Intel has launched its 11th Gen Intel Core S-series desktop processors

Written by bit-tech news

March 17, 2021 | 11:00

Companies: #intel

Intel has launched its 11th Gen Intel Core S-series desktop processors. We were given a good overview of these processors at CES 2021, with special attention given to the flagship 8C/16T Core i9-11900K, including some gaming benchmark comparisons against the AMD Ryzen 9 5900X. Yesterday, Intel took more time fleshing out the full range, as well as revealing those all-important MSRPs for every processor model incoming. Retail product release and third party reviews are scheduled for Tuesday, 30th March.

The key claim to fame of the new RKL-S processors is, according to Intel, that they can muster a 19 per cent IPC improvement compared to the previous gen. The story goes that this uplift is provided by the new Cypress Cove architecture. Additionally, the new Intel UHD graphics iGPUs are Intel Xe architecture-based and capable of delivering up to 50 per cent faster performance. Elsewhere, Intel has managed to pack in Intel Deep Learning Boost and Vector Neural Network Instructions support. Complementing these hardware innovations you will also find a range of enhanced overclocking tools and features to help you squeeze more out of the silicon.

In its news release regarding the launch of the Rocket Lake chips for desktops Intel often touches upon PC gaming, as it is still one of its strongest suits. Again it makes reference to the 11th Gen Intel Core i9-11900K, "featuring unmatched performance with up to 5.3 gigahertz, eight cores, 16 threads and 16 megabytes of Intel Smart Cache". As a side Intel reports that it has worked closely with >200 top game developers on game, engine, middleware and rendering optimizations.
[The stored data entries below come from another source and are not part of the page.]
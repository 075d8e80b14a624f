-- ===== src/Ratings/Service.antt =====
-- `create` of `RatingsService` (src/ratings/ratings.service.ts).
use gp_connect_server.Common.{
  ℕ, Bool, Option, some, String, ◌==◌, nat_eq, not, ◌&&◌, ◌||◌, is_some_of, if◌then◌else◌,
}
use gp_connect_server.Schema.{Mission, MissionStatus, mission_status_eq, MissionRating}
use gp_connect_server.Prisma.{Prisma}
use gp_connect_server.Handler.{
  Handler, Exception, Reason, ◌>>=◌, ◌>>◌, throw, or_throw, throw_if, find_unique, create,
  catch_unique, missions, ratings,
}

-- `CreateRatingDto`, with the id that the new row draws.
pub record CreateRatingDto : Type 0 where
  pub new_id : ℕ
  pub score : ℕ
  pub comment : Option String

-- The other party, who is rated.
abbrev pub rated_by : ℕ → Mission → Option ℕ
rated_by rater_id m = if rater_id == m.shipper_id then m.carrier_id else some m.shipper_id

abbrev pub new_rating : ℕ → ℕ → ℕ → CreateRatingDto → MissionRating
new_rating mission_id rater_id rated_id d = record {
  id = d.new_id;
  mission_id = mission_id;
  rater_id = rater_id;
  rated_id = rated_id;
  score = d.score;
  comment = d.comment;
}

-- The `@@unique([missionId, raterId])`.
abbrev pub rates : ℕ → ℕ → MissionRating → Bool
rates mission_id rater_id r = r.mission_id == mission_id && r.rater_id == rater_id

module _ {P : Prisma} where
  -- The guards of `create`; returns the user who is rated.
  unfoldable pub rating_guards : ℕ → ℕ → Handler P ℕ
  rating_guards mission_id rater_id = do
    found ← find_unique missions mission_id
    m ← or_throw (Exception.not_found Reason.mission_not_found) found
    throw_if (not (m.status == MissionStatus.completed))
        (Exception.bad_request Reason.not_completed)
    throw_if (not (rater_id == m.shipper_id) && not (is_some_of m.carrier_id rater_id))
        (Exception.forbidden Reason.unspecified)
    or_throw (Exception.bad_request Reason.no_carrier) (rated_by rater_id m)

  unfoldable pub store_rating : ℕ → ℕ → CreateRatingDto → ℕ → Handler P MissionRating
  store_rating mission_id rater_id d rated_id =
      catch_unique
        (create ratings (λ r. r.id == d.new_id || rates mission_id rater_id r)
          (new_rating mission_id rater_id rated_id d))
        (throw (Exception.conflict Reason.already_rated))

  unfoldable pub create_rating : ℕ → ℕ → CreateRatingDto → Handler P MissionRating
  create_rating mission_id rater_id d =
      rating_guards mission_id rater_id >>= store_rating mission_id rater_id d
Intel's RKL-S cores were designed for 10nm but backported to 14nm, and thus they are unintentionally larger than with previous generations. This appears to be the reason that the new flagship Core i9 takes a step back from boasting 10C/20T with the previous gen, to 8C/16T for RKL-S. Intel suggests that the 19 per cent IPC improvement will make up any difference in heavily threaded applications, and that the new i9 will retain its edge in gaming. Obviously this is important to Intel and the brand it has built.

On the topic of overclocking tools, Intel is keen to point out that RKL-S introduces real-time memory overclocking, and has extended this feature beyond the Z-series motherboards to embrace the H570 and B560 chipsets.

Other features of RKL-S that should appeal are the; DDR4-3200 MHz support across the board, 20 PCIe 4.0 lanes, Intel Quick Sync Video, enhanced media (10bit AV1/12bit high-efficiency video coding decode and end-to-end  compression), enhanced display (Integrated HDMI 2.0, HBR3), and discrete Thunderbolt 4 and Intel Wi-Fi 6E support.

Above you can see the extensive new product matrix. As well as the above chart for RKL-S parts, surprisingly Intel saw fit to refresh a number of its (lower  end) 10th gen parts as per the table below. The newer 10th gen CPUs all have code-names incremented by 5, their peak frequencies have slightly higher values while pricing remains the same.